Write the data out again, matching every line exactly.
---------- RECORDS TO PROCESS
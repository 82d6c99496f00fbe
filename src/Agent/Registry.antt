-- ===== src/Agent/Registry.antt =====
-- agent/internal/agent/registry.go: image references, versions in tags, and the choice of a newer tag.
pub mod Order
pub mod Newest
mod Tests
use bastion_hub.Prelude.{
  ℕ, suc, ◌+◌, ◌-◌, ◌*◌, ◌^◌, ◌≡◌, Bool, true, false, ◌&&◌, ◌||◌, not, Option, none, some, List, [],
  ◌∷◌, ◌++◌, map, Text, codes, text_eq, trim_space, trim_prefix, has_prefix, has_suffix, to_lower,
  cut, cut_last, has_byte, any, leb, ltb, ◌==◌, if◌then◌else◌,
}

abbrev pub is_empty : Text → Bool
is_empty [] = true
is_empty (c ∷ s) = false

-- stripDigest
unfoldable pub strip_digest : Text → Text
strip_digest ref = elim (cut_last b'@' (trim_space ref)) [
  | none ↦ trim_space ref
  | some (name, digest) ↦ if is_empty name then trim_space ref else name
]

-- The reference without its tag, and the tag.
unfoldable pub split_tag : Text → Text × Text
split_tag ref = elim (cut_last b':' ref) [
  | none ↦ (ref, codes "latest")
  | some (name, tag) ↦
      if not (is_empty name) && not (has_byte b'/' tag) then (name, tag) else (ref, codes "latest")
]

abbrev pub docker_io : Text
docker_io = codes "docker.io"

-- A registry's name and a repository in it.
unfoldable pub in_registry : Text → Text → Text × Text
in_registry host repo =
    let reg =
      if text_eq host (codes "index.docker.io") || text_eq host (codes "registry-1.docker.io")
      then docker_io
      else host in
    (
      reg,
      if text_eq reg docker_io && not (has_byte b'/' repo) then codes "library/" ++ repo else repo,
    )

unfoldable pub split_repo : Text → Text × Text
unfolding in_registry
split_repo ref = elim (cut b'/' ref) [
  | none ↦ (docker_io, codes "library/" ++ ref)
  | some (host, repo) ↦
      if (has_byte b'.' host || has_byte b':' host) || text_eq host (codes "localhost")
      then in_registry host repo
      else (docker_io, ref)
]

-- parseRef: registry, repository and tag
unfoldable pub parse_ref : Text → Text × Text × Text
unfolding strip_digest split_tag split_repo
parse_ref ref =
    let (name, tag) = split_tag (strip_digest ref) in
    let (reg, repo) = split_repo name in (reg, repo, tag)

unfoldable pub registry_api_host : Text → Text
registry_api_host reg =
    if text_eq reg docker_io
      || (text_eq reg (codes "index.docker.io") || text_eq reg (codes "registry-1.docker.io"))
    then codes "registry-1.docker.io"
    else reg

unfoldable pub image_repo_tag : Text → Text → Text
unfolding parse_ref
image_repo_tag image new_tag =
    let (reg, repo, tag) = parse_ref image in
    (if not (text_eq reg docker_io)
      then reg ++ codes "/" ++ repo
      else if has_prefix repo (codes "library/")
      then trim_prefix repo (codes "library/")
      else repo)
    ++ codes ":"
    ++ new_tag

abbrev pub one_of : List Text → Text → Bool
one_of words s = any (λ w. text_eq w s) words

abbrev pub floating_tags : List Text
floating_tags =
    codes "latest"
    ∷ codes "edge"
    ∷ codes "main"
    ∷ codes "master"
    ∷ codes "dev"
    ∷ codes "develop"
    ∷ codes "nightly"
    ∷ codes "stable"
    ∷ codes "alpine"
    ∷ codes "chromium-bundled"
    ∷ []

pub record Semver : Type 0 where
  pub major : ℕ
  pub minor : ℕ
  pub patch : ℕ
  pub pre : Text
  pub raw : Text

abbrev pub is_digit : ℕ → Bool
is_digit c = leb b'0' c && leb c b'9'

-- `\d*`: the digits at the front, and the rest
unfoldable pub span_digits : Text → Text × Text
span_digits [] = ([], [])
span_digits (c ∷ s) =
    let (ds, rest) = span_digits s in if is_digit c then (c ∷ ds, rest) else ([], c ∷ s)

unfoldable pub number : ℕ → Text → ℕ
number n [] = n
number n (c ∷ s) = number (n * 10 + (c - b'0')) s

-- The number that strconv.Atoi gives for digits or none, its error ignored: the largest int in place of
-- a larger number.
unfoldable pub atoi : Text → ℕ
unfolding number
atoi ds = if ltb (number 0 ds) (2 ^ 63) then number 0 ds else 2 ^ 63 - 1

-- `(?:\.(\d+))?`
unfoldable pub dot_digits : Text → Text × Text
unfolding span_digits
dot_digits [] = ([], [])
dot_digits (c ∷ s) =
    let (ds, rest) = span_digits s in
    if (c == b'.') && not (is_empty ds) then (ds, rest) else ([], c ∷ s)

-- `[-.]?`
unfoldable pub skip_separator : Text → Text
skip_separator [] = []
skip_separator (c ∷ s) = if c == b'-' || c == b'.' then s else c ∷ s

-- semverRe behind its `v?`; its `.*` does not match a newline.
unfoldable pub match_semver : Text → Text → Option Semver
unfolding span_digits dot_digits skip_separator atoi
match_semver raw s =
    let (maj, s1) = span_digits s in
    let (min, s2) = dot_digits s1 in
    let (pat, s3) = dot_digits s2 in
    if is_empty maj || has_byte 10 s3
    then none
    else some (record {
      major = atoi maj;
      minor = atoi min;
      patch = atoi pat;
      pre = skip_separator s3;
      raw = raw;
    })

unfoldable pub parse_trimmed : Text → Option Semver
unfolding match_semver
parse_trimmed [] = none
parse_trimmed (c ∷ s) =
    let lower = to_lower (c ∷ s) in
    if one_of floating_tags lower
      || ((has_prefix lower (codes "sha-") || has_prefix lower (codes "sha256"))
          || (has_suffix lower (codes "-amd64")
              || (has_suffix lower (codes "-arm64") || has_suffix lower (codes "-arm"))))
    then none
    else match_semver (c ∷ s) (if c == b'v' || c == b'V' then s else c ∷ s)

unfoldable pub parse_semver_tag : Text → Option Semver
unfolding parse_trimmed
parse_semver_tag tag = parse_trimmed (trim_space tag)

-- `<` on strings
pub text_ltb : Text → Text → Bool
text_ltb s [] = false
text_ltb [] (b ∷ t) = true
text_ltb (a ∷ s) (b ∷ t) = ltb a b || ((a == b) && text_ltb s t)

pub less : Semver → Semver → Bool
unfolding text_ltb
less a b =
    if not (a.major == b.major)
    then ltb a.major b.major
    else if not (a.minor == b.minor)
    then ltb a.minor b.minor
    else if not (a.patch == b.patch)
    then ltb a.patch b.patch
    else if is_empty a.pre && not (is_empty b.pre)
    then false
    else if not (is_empty a.pre) && is_empty b.pre
    then true
    else text_ltb a.pre b.pre

-- What both loops do with a version.
abbrev pub better : Option Semver → Semver → Option Semver
better none sv = some sv
better (some best) sv = if less best sv then some sv else some best

-- The loop over the tags; `version` gives the versions that it does not pass over.
pub pick : (Text → Option Semver) → Option Semver → List Text → Option Semver
unfolding less
pick version best [] = best
pick version best (t ∷ tags) = elim (version t) [
  | none ↦ pick version best tags
  | some sv ↦ pick version (better best sv) tags
]

abbrev pub raw_of : Option Semver → Text
raw_of none = []
raw_of (some sv) = sv.raw

pub highest_semver_tag : List Text → Text
unfolding pick parse_semver_tag
highest_semver_tag tags = raw_of (pick parse_semver_tag none tags)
--------------------
> _EXERCISE SOLUTION_
repository 82d6c99496f00fbe
filename src/Agent/Registry.antt
-- ===== src/Agent/Registry.antt =====
-- agent/internal/agent/registry.go: image references, versions in tags, and the choice of a newer tag.
pub mod Order
pub mod Newest
mod Tests
use bastion_hub.Prelude.{
  ℕ, suc, ◌+◌, ◌-◌, ◌*◌, ◌^◌, ◌≡◌, Bool, true, false, ◌&&◌, ◌||◌, not, Option, none, some, List, [],
  ◌∷◌, ◌++◌, map, Text, codes, text_eq, trim_space, trim_prefix, has_prefix, has_suffix, to_lower,
  cut, cut_last, has_byte, any, leb, ltb, ◌==◌, if◌then◌else◌,
}

abbrev pub is_empty : Text → Bool
is_empty [] = true
is_empty (c ∷ s) = false

-- stripDigest
unfoldable pub strip_digest : Text → Text
strip_digest ref = elim (cut_last b'@' (trim_space ref)) [
  | none ↦ trim_space ref
  | some (name, digest) ↦ if is_empty name then trim_space ref else name
]

-- The reference without its tag, and the tag.
unfoldable pub split_tag : Text → Text × Text
split_tag ref = elim (cut_last b':' ref) [
  | none ↦ (ref, codes "latest")
  | some (name, tag) ↦
      if not (is_empty name) && not (has_byte b'/' tag) then (name, tag) else (ref, codes "latest")
]

abbrev pub docker_io : Text
docker_io = codes "docker.io"

-- A registry's name and a repository in it.
unfoldable pub in_registry : Text → Text → Text × Text
in_registry host repo =
    let reg =
      if text_eq host (codes "index.docker.io") || text_eq host (codes "registry-1.docker.io")
      then docker_io
      else host in
    (
      reg,
      if text_eq reg docker_io && not (has_byte b'/' repo) then codes "library/" ++ repo else repo,
    )

unfoldable pub split_repo : Text → Text × Text
unfolding in_registry
split_repo ref = elim (cut b'/' ref) [
  | none ↦ (docker_io, codes "library/" ++ ref)
  | some (host, repo) ↦
      if (has_byte b'.' host || has_byte b':' host) || text_eq host (codes "localhost")
      then in_registry host repo
      else (docker_io, ref)
]

-- parseRef: registry, repository and tag
unfoldable pub parse_ref : Text → Text × Text × Text
unfolding strip_digest split_tag split_repo
parse_ref ref =
    let (name, tag) = split_tag (strip_digest ref) in
    let (reg, repo) = split_repo name in (reg, repo, tag)

unfoldable pub registry_api_host : Text → Text
registry_api_host reg =
    if text_eq reg docker_io
      || (text_eq reg (codes "index.docker.io") || text_eq reg (codes "registry-1.docker.io"))
    then codes "registry-1.docker.io"
    else reg

unfoldable pub image_repo_tag : Text → Text → Text
unfolding parse_ref
image_repo_tag image new_tag =
    let (reg, repo, tag) = parse_ref image in
    (if not (text_eq reg docker_io)
      then reg ++ codes "/" ++ repo
      else if has_prefix repo (codes "library/")
      then trim_prefix repo (codes "library/")
      else repo)
    ++ codes ":"
    ++ new_tag

abbrev pub one_of : List Text → Text → Bool
one_of words s = any (λ w. text_eq w s) words

abbrev pub floating_tags : List Text
floating_tags =
    codes "latest"
    ∷ codes "edge"
    ∷ codes "main"
    ∷ codes "master"
    ∷ codes "dev"
    ∷ codes "develop"
    ∷ codes "nightly"
    ∷ codes "stable"
    ∷ codes "alpine"
    ∷ codes "chromium-bundled"
    ∷ []

pub record Semver : Type 0 where
  pub major : ℕ
  pub minor : ℕ
  pub patch : ℕ
  pub pre : Text
  pub raw : Text

abbrev pub is_digit : ℕ → Bool
is_digit c = leb b'0' c && leb c b'9'

-- `\d*`: the digits at the front, and the rest
unfoldable pub span_digits : Text → Text × Text
span_digits [] = ([], [])
span_digits (c ∷ s) =
    let (ds, rest) = span_digits s in if is_digit c then (c ∷ ds, rest) else ([], c ∷ s)

unfoldable pub number : ℕ → Text → ℕ
number n [] = n
number n (c ∷ s) = number (n * 10 + (c - b'0')) s

-- The number that strconv.Atoi gives for digits or none, its error ignored: the largest int in place of
-- a larger number.
unfoldable pub atoi : Text → ℕ
unfolding number
atoi ds = if ltb (number 0 ds) (2 ^ 63) then number 0 ds else 2 ^ 63 - 1

-- `(?:\.(\d+))?`
unfoldable pub dot_digits : Text → Text × Text
unfolding span_digits
dot_digits [] = ([], [])
dot_digits (c ∷ s) =
    let (ds, rest) = span_digits s in
    if (c == b'.') && not (is_empty ds) then (ds, rest) else ([], c ∷ s)

-- `[-.]?`
unfoldable pub skip_separator : Text → Text
skip_separator [] = []
skip_separator (c ∷ s) = if c == b'-' || c == b'.' then s else c ∷ s

-- semverRe behind its `v?`; its `.*` does not match a newline.
unfoldable pub match_semver : Text → Text → Option Semver
unfolding span_digits dot_digits skip_separator atoi
match_semver raw s =
    let (maj, s1) = span_digits s in
    let (min, s2) = dot_digits s1 in
    let (pat, s3) = dot_digits s2 in
    if is_empty maj || has_byte 10 s3
    then none
    else some (record {
      major = atoi maj;
      minor = atoi min;
      patch = atoi pat;
      pre = skip_separator s3;
      raw = raw;
    })

unfoldable pub parse_trimmed : Text → Option Semver
unfolding match_semver
parse_trimmed [] = none
parse_trimmed (c ∷ s) =
    let lower = to_lower (c ∷ s) in
    if one_of floating_tags lower
      || ((has_prefix lower (codes "sha-") || has_prefix lower (codes "sha256"))
          || (has_suffix lower (codes "-amd64")
              || (has_suffix lower (codes "-arm64") || has_suffix lower (codes "-arm"))))
    then none
    else match_semver (c ∷ s) (if c == b'v' || c == b'V' then s else c ∷ s)

unfoldable pub parse_semver_tag : Text → Option Semver
unfolding parse_trimmed
parse_semver_tag tag = parse_trimmed (trim_space tag)

-- `<` on strings
pub text_ltb : Text → Text → Bool
text_ltb s [] = false
text_ltb [] (b ∷ t) = true
text_ltb (a ∷ s) (b ∷ t) = ltb a b || ((a == b) && text_ltb s t)

pub less : Semver → Semver → Bool
unfolding text_ltb
less a b =
    if not (a.major == b.major)
    then ltb a.major b.major
    else if not (a.minor == b.minor)
    then ltb a.minor b.minor
    else if not (a.patch == b.patch)
    then ltb a.patch b.patch
    else if is_empty a.pre && not (is_empty b.pre)
    then false
    else if not (is_empty a.pre) && is_empty b.pre
    then true
    else text_ltb a.pre b.pre

-- What both loops do with a version.
abbrev pub better : Option Semver → Semver → Option Semver
better none sv = some sv
better (some best) sv = if less best sv then some sv else some best

-- The loop over the tags; `version` gives the versions that it does not pass over.
pub pick : (Text → Option Semver) → Option Semver → List Text → Option Semver
unfolding less
pick version best [] = best
pick version best (t ∷ tags) = elim (version t) [
  | none ↦ pick version best tags
  | some sv ↦ pick version (better best sv) tags
]

abbrev pub raw_of : Option Semver → Text
raw_of none = []
raw_of (some sv) = sv.raw

pub highest_semver_tag : List Text → Text
unfolding pick parse_semver_tag
highest_semver_tag tags = raw_of (pick parse_semver_tag none tags)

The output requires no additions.